Okay so he was hiding his phone and sleepin with it natural sign he was hiding something. so I pick it up write down the number who just texted called it... Woman... asked him who is was... MAN....
called the number back asked if this woman knew this man... NO! Confronted... got screamed at...called this woman back she has no clue his married been talking for six months. he say that the last time he talked to her was a month ago, and he was trying to hid it so I wouldnt be hurt but he is a changed man now. 

HUUMMMMM! not the first time by the way, before it was his friends cousin... then before that paying online for women to call him... 
He says he has never cheated on me...?

He says that its because he doesnt think I love him anymore....
Did I mention he lies about everything even leaving work sick.

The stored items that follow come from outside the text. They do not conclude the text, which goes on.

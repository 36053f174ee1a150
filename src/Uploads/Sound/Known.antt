-- ===== src/Uploads/Sound/Known.antt =====
-- What stays true of a session between its being read and its row being written.
use pyupload_x.Base.{◌<◌, ◌≡◌, refl, sym, ◌∙◌, Bool, some, List, [], ◌∷◌, arith, find, All}
use pyupload_x.Lifecycle.Mode.{Time}
use pyupload_x.Db.Rows.{UploadSession, UploadPart}
use pyupload_x.Db.Uploads.{Dialect, save_upload, upsert_part}
use pyupload_x.Db.{Db}
use pyupload_x.Uploads.Sound.{IsPartOf, IsSound}
use pyupload_x.Uploads.Sound.Rows.{
  find-All, write_upload-All, SameShape, IsPartOf-shape, save_upload-IsSound, find_unique,
}
use pyupload_x.Uploads.Sound.PartRows.{
  IsPartOf-conflict, upsert_part-All, upsert_part-AreUnique, upsert_part-same,
}

map_All :
    (P Q : UploadSession → Type 0) (us : List UploadSession)
    → ((v : UploadSession) → P v → Q v)
    → All P us
    → All Q us
map_All P Q [] f h = tt
map_All P Q (u ∷ us) f h = (f u h.0, map_All P Q us f h.1)

All-both :
    (P Q : UploadSession → Type 0) (us : List UploadSession)
    → All P us
    → All Q us
    → All (λ v. P v × Q v) us
All-both P Q [] h k = tt
All-both P Q (u ∷ us) h k = ((h.0, k.0), All-both P Q us h.1 k.1)

-- What is known of a session that was read from the tables, while its row may be written.
pub record IsKnown (u : UploadSession) (db : Db) : Type 0 where
  pub shape : All (λ v. v.id ≡ u.id → SameShape u v) db.uploads
  pub parts : All (IsPartOf u) db.parts
  pub old : u.id < db.next_id

pub get_upload-IsKnown :
    (t : UploadSession → Bool) (u : UploadSession) (db : Db)
    → find t db.uploads ≡ some u
    → IsSound db
    → IsKnown u db
get_upload-IsKnown t u db found h = record {
  shape = find_unique (SameShape u) t db.uploads h.distinct found (refl, refl, refl);
  parts = find-All (λ v. All (IsPartOf v) db.parts) t db.uploads h.parts found;
  old = find-All (λ v. v.id < db.next_id) t db.uploads h.old_uploads found;
}

pub save_upload-IsKnown :
    (now : Time) (u u' : UploadSession) (db : Db)
    → SameShape u u'
    → IsKnown u db
    → IsKnown u (save_upload now u' db)
unfolding save_upload
save_upload-IsKnown now u u' db s h = record {
  shape = write_upload-All (λ v. v.id ≡ u.id → SameShape u v) now u' db.uploads (λ _. s) h.shape;
  parts = h.parts;
  old = h.old;
}

pub IsKnown-shape : (u u' : UploadSession) (db : Db) → SameShape u u' → IsKnown u db → IsKnown u' db
IsKnown-shape u u' db s h = record {
  shape =
      map_All (λ v. v.id ≡ u.id → SameShape u v) (λ v. v.id ≡ u'.id → SameShape u' v) db.uploads
        (λ v k e. ground (arith, k (e ∙ sym s.0))) h.shape;
  parts = IsPartOf-shape u u' db.parts s h.parts;
  old = ground (arith, h.old);
}

IsPartOf-known :
    (u v : UploadSession) (new : UploadPart)
    → IsPartOf u new
    → new.upload_id ≡ u.id
    → (v.id ≡ u.id → SameShape u v)
    → IsPartOf v new
IsPartOf-known u v new fits owner s e =
    let (_, parts, size) = s (sym e ∙ owner) in ground (arith, fits owner)

-- The new row of a part, of a session that is known, keeps the invariant.
pub upsert_part-IsSound :
    (dialect : Dialect) (new : UploadPart) (u : UploadSession) (db : Db)
    → IsKnown u db
    → new.upload_id ≡ u.id
    → IsPartOf u new
    → IsSound db
    → IsSound (upsert_part dialect new db)
upsert_part-IsSound dialect new u db known owner fits h =
    let (same_uploads, same_next, same_files) = upsert_part-same new db dialect in
    record {
      distinct = rw same_uploads h.distinct;
      unique = upsert_part-AreUnique new db dialect h.unique;
      parts = rw same_uploads (
          map_All (λ v. (v.id ≡ u.id → SameShape u v) × All (IsPartOf v) db.parts)
            (λ v. All (IsPartOf v) (upsert_part dialect new db).parts) db.uploads
            (λ v k.
              upsert_part-All new db dialect (IsPartOf v) (IsPartOf-known u v new fits owner k.0)
                (IsPartOf-conflict v new) k.1)
            (All-both (λ v. v.id ≡ u.id → SameShape u v) (λ v. All (IsPartOf v) db.parts) db.uploads
              known.shape h.parts));
      old_uploads = rw same_uploads (rw same_next h.old_uploads);
      old_parts = rw same_next (
          upsert_part-All new db dialect (λ p. p.upload_id < db.next_id) (rw owner known.old)
            (λ p e k. k) h.old_parts);
      old_files = rw same_files (rw same_next h.old_files);
    }

pub upsert_part-IsKnown :
    (dialect : Dialect) (new : UploadPart) (u : UploadSession) (db : Db)
    → IsPartOf u new
    → IsKnown u db
    → IsKnown u (upsert_part dialect new db)
upsert_part-IsKnown dialect new u db fits known =
    let (same_uploads, same_next, same_files) = upsert_part-same new db dialect in
    record {
      shape = rw same_uploads known.shape;
      parts =
          upsert_part-All new db dialect (IsPartOf u) fits (IsPartOf-conflict u new) known.parts;
      old = rw same_next known.old;
    }

-- The methods change only the status and the times of a session that they read.
pub save_upload-keeps :
    (now : Time) (u u' : UploadSession) (db : Db)
    → SameShape u u'
    → IsSound db × IsKnown u db
    → IsSound (save_upload now u' db) × IsKnown u (save_upload now u' db)
save_upload-keeps now u u' db s h =
    (save_upload-IsSound now u u' db s h.1.parts h.1.old h.0, save_upload-IsKnown now u u' db s h.1)

pub upsert_part-keeps :
    (dialect : Dialect) (new : UploadPart) (u : UploadSession) (db : Db)
    → IsPartOf u new
    → new.upload_id ≡ u.id
    → IsSound db × IsKnown u db
    → IsSound (upsert_part dialect new db) × IsKnown u (upsert_part dialect new db)
upsert_part-keeps dialect new u db fits owner h = (
  upsert_part-IsSound dialect new u db h.1 owner fits h.0,
  upsert_part-IsKnown dialect new u db fits h.1,
)
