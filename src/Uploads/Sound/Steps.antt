-- ===== src/Uploads/Sound/Steps.antt =====
-- The parts that a session takes keep the invariant of the sessions.
use pyupload_x.Base.{
  ℕ, ◌-◌, ◌*◌, ◌≡◌, refl, sym, ap, inl, inr, true, not, ◌||◌, Option, some, arith, ltb, Bool-cases,
  Text,
}
use pyupload_x.Base.Int.{ℤ, pos, negsuc, pos_part}
use pyupload_x.Errors.{invalid_part_number, invalid_part_size, upload_not_found}
use pyupload_x.Lifecycle.StateMachine.{UploadStatus}
use pyupload_x.Db.{Db}
use pyupload_x.Db.Rows.{UploadSession, UploadPart, PartStatus, nonempty}
use pyupload_x.Db.Uploads.{is_upload, get_upload, save_upload, upsert_part}
use pyupload_x.Storage.{Bytes, StoredPart}
use pyupload_x.Lifecycle.Policy.{or_else}
use pyupload_x.Request.{World, Identity, App, Action, ◌>>=◌}
use pyupload_x.Uploads.Parts.{
  get_session, inactive_error, is_part_number, part_offset, start_uploading, record_part,
  proxy_upload_part, commit_part, too_small, is_initiated, storage_id_of,
}
use pyupload_x.Uploads.Sound.{IsSound, IsPartOf}
use pyupload_x.Uploads.Sound.Known.{
  IsKnown, get_upload-IsKnown, save_upload-keeps, upsert_part-keeps,
}
use pyupload_x.Uploads.Sound.Rows.{SameShape}
use pyupload_x.Uploads.Sound.Outcome.{
  after-raise_when, after-raise_some, after-or_raise, after-call,
}

-- a checked number and its offset make a row of the session
IsPartOf-new :
    (u : UploadSession) (n : ℤ) (new : UploadPart)
    → is_part_number n u.total_parts ≡ true
    → new.part_number ≡ pos_part n
    → new.offset_bytes ≡ part_offset u n
    → IsPartOf u new
IsPartOf-new u (pos n) new h e f owner = ground arith
IsPartOf-new u (negsuc n) new h e f owner = ground arith

-- The row that `get_session` reads is known.
pub found-IsKnown :
    (id : ℕ) (tenant : Option Text) (u : UploadSession) (db : Db)
    → get_upload db id tenant ≡ some u
    → IsSound db
    → IsKnown u db
unfolding get_upload
found-IsKnown id tenant u db e h = get_upload-IsKnown (is_upload id tenant) u db e h

abbrev committed_row : UploadSession → ℤ → ℤ → Text → Option Text → UploadPart
committed_row u n size etag checksum = record {
  upload_id = u.id;
  part_number = pos_part n;
  offset_bytes = part_offset u n;
  size_bytes = size;
  etag = some etag;
  checksum_sha256 = checksum;
  status = PartStatus.committed;
}

abbrev stored_row : UploadSession → ℤ → Option Text → StoredPart → UploadPart
stored_row v n checksum a =
    committed_row v n a.size_bytes a.etag (or_else (nonempty a.checksum_sha256) checksum)

module _ {S : Type 0} where
  abbrev pub Sound : World S → Type 0
  Sound w = IsSound w.db

  abbrev pub Keeps : UploadSession → World S → Type 0
  Keeps u w = IsSound w.db × IsKnown u w.db

module _ {S : Type 0} (app : App S) (identity : Identity) where
  record_part-Keeps :
      (u v : UploadSession) (new : UploadPart) (w : World S)
      → SameShape u v
      → IsPartOf u new
      → new.upload_id ≡ u.id
      → Keeps u w
      → Keeps u (record_part app identity v new w).1
  unfolding record_part
  record_part-Keeps u v new w same fits owner h =
      save_upload-keeps w.now u v (upsert_part app.dialect new w.db) same
        (upsert_part-keeps app.dialect new u w.db fits owner h)

  -- Entering a part that was sent to the backend directly keeps the sessions sound, whether the call
  -- returns or raises.
  pub commit_part-IsSound :
      (id : ℕ) (n : ℤ) (etag : Text) (size : ℤ) (checksum : Option Text) (w : World S)
      → IsSound w.db
      → IsSound (commit_part app identity id n etag size checksum w).1.db
  unfolding commit_part get_session
  commit_part-IsSound id n etag size checksum w h =
      after-or_raise Sound (get_upload w.db id (some identity.tenant_id)) upload_not_found _ w h
        (λ u e.
          let known = found-IsKnown id (some identity.tenant_id) u w.db e h in
          after-raise_some Sound (inactive_error u.status) _ w h (λ _.
            after-raise_when Sound (not (is_part_number n u.total_parts))
              (invalid_part_number n u.total_parts) _ w h
              (λ inside.
                (record_part-Keeps u u (committed_row u n size etag checksum) w (refl, refl, refl)
                  (IsPartOf-new u n (committed_row u n size etag checksum) (ground arith) refl refl)
                  refl (h, known)).0)))

  start_uploading-Keeps :
      (u : UploadSession) (w : World S) (f : UploadSession → Action S UploadPart)
      → Keeps u w
      → ((v : UploadSession) (w' : World S) → SameShape u v → Keeps u w' → IsSound (f v w').1.db)
      → IsSound ((start_uploading app identity u >>= f) w).1.db
  unfolding start_uploading
  start_uploading-Keeps u w f h k = elim (Bool-cases (is_initiated u.status)) [
    | inl e ↦
        let u' : UploadSession = record u { status = UploadStatus.uploading } in
        rw e (
          k u' (record w { db = save_upload w.now u' w.db }) (refl, refl, refl)
            (save_upload-keeps w.now u u' w.db (refl, refl, refl) h))
    | inr e ↦ rw e (k u w (refl, refl, refl) h)
  ]

  -- So does a part sent through the service, also where the backend fails.
  pub proxy_upload_part-IsSound :
      (id : ℕ) (n : ℤ) (stream : Bytes) (size : ℕ) (checksum : Option Text) (w : World S)
      → IsSound w.db
      → IsSound (proxy_upload_part app identity id n stream size checksum w).1.db
  unfolding proxy_upload_part get_session
  proxy_upload_part-IsSound id n stream size checksum w h =
      after-or_raise Sound (get_upload w.db id (some identity.tenant_id)) upload_not_found _ w h
        (λ u e.
          let known = found-IsKnown id (some identity.tenant_id) u w.db e h in
          after-raise_some Sound (inactive_error u.status) _ w h (λ _.
            after-raise_when Sound (not (is_part_number n u.total_parts))
              (invalid_part_number n u.total_parts) _ w h
              (λ inside.
                after-raise_when Sound (ltb u.part_size size || too_small app identity u n size)
                  (invalid_part_size (pos size)
                    app.settings.uploads.multipart.minimum_part_size_bytes u.part_size)
                  _ w h
                  (λ _.
                    start_uploading-Keeps u w _ (h, known)
                      (λ v w' same kept.
                        after-call Sound
                          (app.storage.upload_part v.bucket v.object_key (storage_id_of v)
                            (pos_part n) stream size checksum)
                          _ w' (λ _. kept.0)
                          (λ a s.
                            (record_part-Keeps u v (stored_row v n checksum a)
                              (record w' { store = s }) same (fits u v a same (ground arith))
                              (sym same.0) kept).0))))))
    where
      fits :
          (u v : UploadSession) (a : StoredPart)
          → SameShape u v
          → is_part_number n u.total_parts ≡ true
          → IsPartOf u (stored_row v n checksum a)
      fits u v a same inside =
          IsPartOf-new u n (stored_row v n checksum a) inside refl
            (ap (λ (k : ℕ). (pos_part n - 1) * k) (sym same.2))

I told him I am just depressed and resentful a little and granted my attitudes are tough, but I have his back on everything anytime he is in trouble Im there. 

I have been so hurt and neglected in our 4 year marriage that I am ready to give up and leave, he tells me he is changed but should I believe him. I want and don't want a divorce I feel like if I gotta feel like this I might as well be alone and make myself happy, but I love him and don't want to leave him hoping someday things will get better.

I am so tired.... How is it that I can do everything for him and still be the one hurt, am I the only one who thinks it shoulda been me talking to someone not him.

Please Does anyone have any advice on what I should do or how to approach this.!? im desperate.


----------



## alriscoe

OH and by the way I know a lot of guys are like she probably ugly I do a lot to keep myself up for my husband I'm 5'9 145 pounds and try to hit the gym at least 3 times a week


----------



## nice777guy

After reading your post, I would wonder why you would want to stay with him.

Tell him to cut it out all the texting or leave.

Tell him you'd like to be able to see his phone whenever you would like to in order to check up on him.

This is - at best - emotional cheating and you don't have to tolerate it. Just because he may not have slept with someone doesn't make it OK.

Good luck.


----------



## sisters359

Get counseling, because you are a "walk away wife" in the making. Doesn't matter "who started it," b/c you are miserable and sounds like he is, too. don't let $$ stand in the way of getting help; a divorce is more expensive! You might be able to fix this, or not--the mother's day stuff is probably indicative of his passive-aggressive nature (mad at you for whatever, so he refuses to do the normal things a loving spouse does). I lived like that for 20 years--despite numerous attempts on my part to change things (and that includes changing my behavior and trying to change my expectations), he would not budge--no gifts, always a half-assed excuse instead, blah, blah, blah. I let it go too long and became so disconnected that although we were married 20 years, I have never once missed him since separating a year ago--no regrets whatsoever. That's sad. Don't let that happen to you! Confront the issues now and decide later if the counseling has led to a happy marriage or not.


----------